Для нас, оглядывающихся назад и судящих по результатам, пропасть между литературными и библейскими гуманистами кажется больше, нежели она существовала в действительности. Идея, вдохновлявшая тех и других, имеет одни и те же приметы, хотя бы одни и были менее благочестивы, чем другие. Всех их пронизывала та же тоска по древней, первозданной чистоте и чаяние обновления. Независимо от того, были ли их стремления направлены к раннему христианству или к благородному, прекрасно управляемому Риму Катона и Сципиона, или же к чистой латыни, совершенной поэзии и открытому вновь искусству, это всегда было стремление вернуться назад во времени: renovatio, restitutio, restauratio.

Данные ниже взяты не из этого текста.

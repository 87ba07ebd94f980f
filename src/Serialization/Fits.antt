-- ===== src/Serialization/Fits.antt =====
-- The values that a return port describes, independently of the serializers, and the documented
-- behaviour of what they call.
use rekuest_next.Prelude.{
  ℕ, zero, suc, String, ◌≡◌, Bool, true, false, not, ◌&&◌, ◌||◌, some, str_eq,
}
use rekuest_next.Prelude.Dict.{get, has}
use rekuest_next.Pointer.{ℤ}
use rekuest_next.Objects.{
  is_none, Object, Objects, empty, item, Fields, end, field, null, truth, number, real, text,
  moment, items, mapping, member,
}
use rekuest_next.Ports.{key_of, PortKind, Port, port, Ports, nil, cons, PortInfo}
use rekuest_next.Structures.{
  get_fullfilled_structure, get_fullfilled_enum, get_fullfilled_model, FullFilledStructure,
  FullFilledEnum, FullFilledModel,
}
use rekuest_next.Serialization.{Runtime}
use rekuest_next.Serialization.Predication.{predicate_port_input}
use rekuest_next.Serialization.Shelving.{Shelve}
use rekuest_next.Serialization.Shrinking.{zip_ports}

-- A datetime is read back from its ISO text, `ID.validate` keeps a text, a structure is expanded from
-- what it shrank to, a quantity is read back from its pint text at its own unit, and the server
-- answers with a drawer that is not on the shelve.
pub record IsLawful (rt : Runtime) : Type 0 where
  pub dates : (d : String) → rt.parse_date (rt.isoformat d) ≡ some d
  pub ids : (s : String) → rt.validate_id (text s) ≡ some s
  pub structures :
      (i s : String) (f : FullFilledStructure) (v : Object)
      → get_fullfilled_structure rt.registry i ≡ some f
      → f.ashrink v ≡ some (text s)
      → f.aexpand s ≡ some v
  pub quantities :
      (v : Object) (u : String)
      → rt.unit_of_quantity v ≡ some u
      → rt.validate_quantity u (text (rt.to_pint_string v)) ≡ some v
  pub drawers :
      (s : Shelve) (i : String) (v : Object)
      → (k : String) × (rt.new_drawer s i v ≡ some k) × (has s k ≡ false)

-- Is there a port of this key?
unfoldable pub has_port : Ports → String → Bool
has_port nil k = false
has_port (cons p ps) k = str_eq (key_of p) k || has_port ps k

unfoldable pub distinct_keys : Ports → Bool
unfolding has_port
distinct_keys nil = true
distinct_keys (cons p ps) = not (has_port ps (key_of p)) && distinct_keys ps

-- The kinds that `aexpand_return` has a branch for and that come back as themselves: no enum, no model
-- and no memory structure.
abbrev pub deliverable_kind : PortKind → Bool
deliverable_kind PortKind.enum = false
deliverable_kind PortKind.model = false
deliverable_kind PortKind.memory_structure = false
deliverable_kind PortKind.interface = false
deliverable_kind kind = true

unfoldable mutual
  pub deliverable : Port → Bool
  deliverable (port key kind info ps) = deliverable_kind kind && deliverable_all ps

  pub deliverable_all : Ports → Bool
  deliverable_all nil = true
  deliverable_all (cons p ps) = deliverable p && deliverable_all ps

module _ (rt : Runtime) where
  -- The child of a union at an index is the first whose predicate holds.
  pub data Chosen : Ports → Object → ℕ → Port → Type 0 where
    here :
        {p : Port} {ps : Ports} {v : Object}
        → predicate_port_input rt p v ≡ some true
        → Chosen (cons p ps) v zero p
    there :
        {p q : Port} {ps : Ports} {v : Object} {i : ℕ}
        → predicate_port_input rt p v ≡ some false
        → Chosen ps v i q
        → Chosen (cons p ps) v (suc i) q

  mutual
    pub data Fits : Port → Object → Type 0 where
      fits_none :
          {key : String} {kind : PortKind} {info : PortInfo} {ps : Ports}
          → info.nullable ≡ true
          → info.default ≡ null
          → Fits (port key kind info ps) null
      fits_int :
          {key : String} {info : PortInfo} {ps : Ports} (n : ℤ)
          → Fits (port key PortKind.int info ps) (number n)
      fits_float :
          {key : String} {info : PortInfo} {ps : Ports} (x : String)
          → Fits (port key PortKind.float info ps) (real x)
      fits_bool :
          {key : String} {info : PortInfo} {ps : Ports} (b : Bool)
          → Fits (port key PortKind.bool info ps) (truth b)
      fits_string :
          {key : String} {info : PortInfo} {ps : Ports} (s : String)
          → Fits (port key PortKind.string info ps) (text s)
      fits_date :
          {key : String} {info : PortInfo} {ps : Ports} (d : String)
          → Fits (port key PortKind.date info ps) (moment d)
      fits_quantity :
          {key : String} {info : PortInfo} {ps : Ports} {v : Object} {u : String}
          → is_none v ≡ false
          → rt.kanne_available ≡ true
          → rt.unit_of_quantity v ≡ some u
          → info.reference_unit ≡ some u
          → str_eq u "" ≡ false
          → rt.known_unit u ≡ true
          → Fits (port key PortKind.quantity info ps) v
      fits_enum :
          {key : String} {info : PortInfo} {ps : Ports} {i c name : String} {e : FullFilledEnum}
          → info.identifier ≡ some i
          → get_fullfilled_enum rt.registry i ≡ some e
          → get e.members name ≡ some (member c name)
          → Fits (port key PortKind.enum info ps) (member c name)
      fits_structure :
          {key : String} {info : PortInfo} {ps : Ports} {v : Object} {i s : String}
          {f : FullFilledStructure}
          → is_none v ≡ false
          → info.identifier ≡ some i
          → str_eq i "" ≡ false
          → get_fullfilled_structure rt.registry i ≡ some f
          → f.ashrink v ≡ some (text s)
          → Fits (port key PortKind.structure info ps) v
      fits_memory_structure :
          {key : String} {info : PortInfo} {ps : Ports} {v : Object} {i : String}
          → is_none v ≡ false
          → info.identifier ≡ some i
          → str_eq i "" ≡ false
          → Fits (port key PortKind.memory_structure info ps) v
      fits_list :
          {key : String} {info : PortInfo} {c : Port} {xs : Objects}
          → FitsAll c xs
          → Fits (port key PortKind.list info (cons c nil)) (items xs)
      fits_dict :
          {key : String} {info : PortInfo} {c : Port} {fs : Fields}
          → FitsFields c fs
          → Fits (port key PortKind.dict info (cons c nil)) (mapping fs)
      fits_union :
          {key : String} {info : PortInfo} {ps : Ports} {p : Port} {v : Object} {i : ℕ}
          → is_none v ≡ false
          → Chosen ps v i p
          → Fits p v
          → Fits (port key PortKind.union info ps) v
      fits_model :
          {key : String} {info : PortInfo} {c : Port} {cs : Ports} {v : Object} {i : String}
          {m : FullFilledModel} {vs : Objects}
          → is_none v ≡ false
          → info.identifier ≡ some i
          → str_eq i "" ≡ false
          → get_fullfilled_model rt.registry i ≡ some m
          → distinct_keys (cons c cs) ≡ true
          → has_port (cons c cs) "__identifier" ≡ false
          → FitsAttributes (cons c cs) v vs
          → m.construct (zip_ports (cons c cs) vs end) ≡ some v
          → Fits (port key PortKind.model info (cons c cs)) v

    pub data FitsAll : Port → Objects → Type 0 where
      fits_empty : {c : Port} → FitsAll c empty
      fits_item :
          {c : Port} {x : Object} {xs : Objects} → Fits c x → FitsAll c xs → FitsAll c (item x xs)

    pub data FitsFields : Port → Fields → Type 0 where
      fits_end : {c : Port} → FitsFields c end
      fits_field :
          {c : Port} {k : String} {x : Object} {fs : Fields}
          → Fits c x
          → FitsFields c fs
          → FitsFields c (field k x fs)

    -- The attributes of an instance under the keys of the ports.
    pub data FitsAttributes : Ports → Object → Objects → Type 0 where
      fits_nil : {v : Object} → FitsAttributes nil v empty
      fits_cons :
          {p : Port} {ps : Ports} {v a : Object} {vs : Objects}
          → rt.getattr v (key_of p) ≡ some a
          → Fits p a
          → FitsAttributes ps v vs
          → FitsAttributes (cons p ps) v (item a vs)
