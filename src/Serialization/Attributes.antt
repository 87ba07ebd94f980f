-- ===== src/Serialization/Attributes.antt =====
-- The dictionary that a model shrinks to, read back under the keys of its ports (`ashrink_return` and
-- `aexpand_arg` of rekuest_next/structures/serialization/actor.py).
use rekuest_next.Prelude.{
  String, ◌≡◌, refl, ◌∙◌, true, false, some, arith, str_eq, eq_iff, eq_refl, if◌then◌else◌,
}
use rekuest_next.Objects.{get_field, set_field, Object, Objects, empty, item, Fields, end, field}
use rekuest_next.Ports.{key_of, Port, Ports, nil, cons}
use rekuest_next.Serialization.Shrinking.{zip_ports}
use rekuest_next.Serialization.Fits.{has_port, distinct_keys}

pub get_field-set_field :
    (fs : Fields) (k j : String) (v : Object)
    → get_field (set_field fs k v) j ≡ (if str_eq k j then some v else get_field fs j)
unfolding get_field set_field
get_field-set_field end k j v = refl
get_field-set_field (field i w fs) k j v =
    ground (arith, eq_iff k j, eq_iff i k, eq_iff i j, get_field-set_field fs k j v)

pub get_field-zip_ports :
    (ps : Ports) (js : Objects) (fs : Fields) (k : String)
    → has_port ps k ≡ false
    → get_field (zip_ports ps js fs) k ≡ get_field fs k
unfolding zip_ports has_port
get_field-zip_ports nil js fs k h = refl
get_field-zip_ports (cons p ps) empty fs k h = refl
get_field-zip_ports (cons p ps) (item j js) fs k h =
    let e : str_eq (key_of p) k ≡ false = ground (arith, h) in
    get_field-zip_ports ps js _ k (ground (arith, h))
    ∙ (get_field-set_field fs (key_of p) k j ∙ rw e refl)

pub str_eq_sym : (a b : String) → str_eq a b ≡ false → str_eq b a ≡ false
str_eq_sym a b h = ground (arith, eq_iff a b, eq_iff b a)

-- A dictionary holds a value under the key of each port.
abbrev pub Holds : Ports → Objects → Fields → Type 0
Holds nil empty d = Unit
Holds (cons p ps) (item j js) d = (get_field d (key_of p) ≡ some j) × Holds ps js d
Holds ps js d = ⊥

abbrev pub HoldsZipped : Ports → Objects → Type 0
HoldsZipped ps js =
    (fs : Fields) (i : Object)
    → distinct_keys ps ≡ true
    → has_port ps "__identifier" ≡ false
    → Holds ps js (set_field (zip_ports ps js fs) "__identifier" i)

pub holds_cons :
    (p : Port) (ps : Ports) (j : Object) (js : Objects)
    → HoldsZipped ps js
    → HoldsZipped (cons p ps) (item j js)
unfolding zip_ports has_port distinct_keys
holds_cons p ps j js rest fs i u w =
    let other : has_port ps (key_of p) ≡ false = ground (arith, u) in
    let named : str_eq "__identifier" (key_of p) ≡ false =
      str_eq_sym (key_of p) "__identifier" (ground (arith, w)) in
    (
      get_field-set_field _ "__identifier" (key_of p) i
          ∙ rw named (
              get_field-zip_ports ps js _ (key_of p) other
              ∙ (get_field-set_field fs (key_of p) (key_of p) j ∙ rw (eq_refl (key_of p)) refl)),
      rest _ i (ground (arith, u)) (ground (arith, w)),
    )
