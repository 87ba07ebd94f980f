-- ===== src/Serialization/Each.antt =====
-- Values through all ports of an action at once, one for each (`zip(ports, values)` in
-- rekuest_next/structures/serialization/actor.py and postman.py).
use rekuest_next.Prelude.{◌≡◌, refl, ◌∙◌, true, Option, some, arith, eq_refl}
use rekuest_next.Objects.{Object, Objects, empty, item, Fields}
use rekuest_next.Ports.{key_of, Port, Ports, nil, cons}
use rekuest_next.Serialization.{Runtime}
use rekuest_next.Serialization.Shrinking.{zip_ports}
use rekuest_next.Serialization.Fits.{distinct_keys, Fits}
use rekuest_next.Serialization.Attributes.{get_field-set_field, get_field-zip_ports, Holds}

-- Every value fits the port at its place, and there are as many.
pub data FitsEach (rt : Runtime) : Ports → Objects → Type 0 where
  none_left : FitsEach rt nil empty
  each :
      {p : Port} {ps : Ports} {v : Object} {vs : Objects}
      → Fits rt p v
      → FitsEach rt ps vs
      → FitsEach rt (cons p ps) (item v vs)

module _ (expand : Port → Object → Option Object) where
  -- The JSON values of the ports, and what their ports make of them.
  abbrev pub Expands : Ports → Objects → Objects → Type 0
  Expands nil empty empty = Unit
  Expands (cons p ps) (item j js) (item v vs) = (expand p j ≡ some v) × Expands ps js vs
  Expands ps js vs = ⊥

  pub zip_ports-Holds :
      (ps : Ports) (js vs : Objects) (fs : Fields)
      → Expands ps js vs
      → distinct_keys ps ≡ true
      → Holds ps js (zip_ports ps js fs)
  unfolding zip_ports distinct_keys
  zip_ports-Holds nil empty empty fs e u = tt
  zip_ports-Holds nil empty (item v vs) fs e u = absurd e
  zip_ports-Holds nil (item j js) vs fs e u = absurd e
  zip_ports-Holds (cons p ps) empty vs fs e u = absurd e
  zip_ports-Holds (cons p ps) (item j js) empty fs e u = absurd e
  zip_ports-Holds (cons p ps) (item j js) (item v vs) fs e u = (
    get_field-zip_ports ps js _ (key_of p) (ground (arith, u))
        ∙ (get_field-set_field fs (key_of p) (key_of p) j ∙ rw (eq_refl (key_of p)) refl),
    zip_ports-Holds ps js vs _ e.1 (ground (arith, u)),
  )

Ревностное изучение ренессансной идеи в ее развитии, лишь беглый очерк которой я здесь предлагаю, также имеет свои опасности. Всякий, кто углубляется в исследования, подобные тем, которыми были заняты Бурдах и Боринский, проникавшие в наиболее отдаленные уголки классической и средневековой литературы в поисках звеньев в великой цепи идей возрождения, никогда не сумеет избавиться от ощущения, что при этом сама проблема Ренессанса – вопрос о том, чем он был, из чего состоял, – порой грозит сместиться на задний план. В высшей степени полезно, а для должного понимания необходимо, знать, как развивались целенаправленный образ и ощущение возрождения; однако важнейший вопрос, к которому нам приходится возвращаться, все-таки остается: что же на самом деле представляла собой та культурная трансформация, которую мы зовем Ренессансом? В чем состояло это изменение, каковы были его последствия?

При этом все еще остается первое, так и не выполненное предварительное условие: четкое определение оппозиции Средние века – Ренессанс, и второе, выполненное еще в меньшей степени: столь же ясное определение соотношения между Ренессансом и современной культурой.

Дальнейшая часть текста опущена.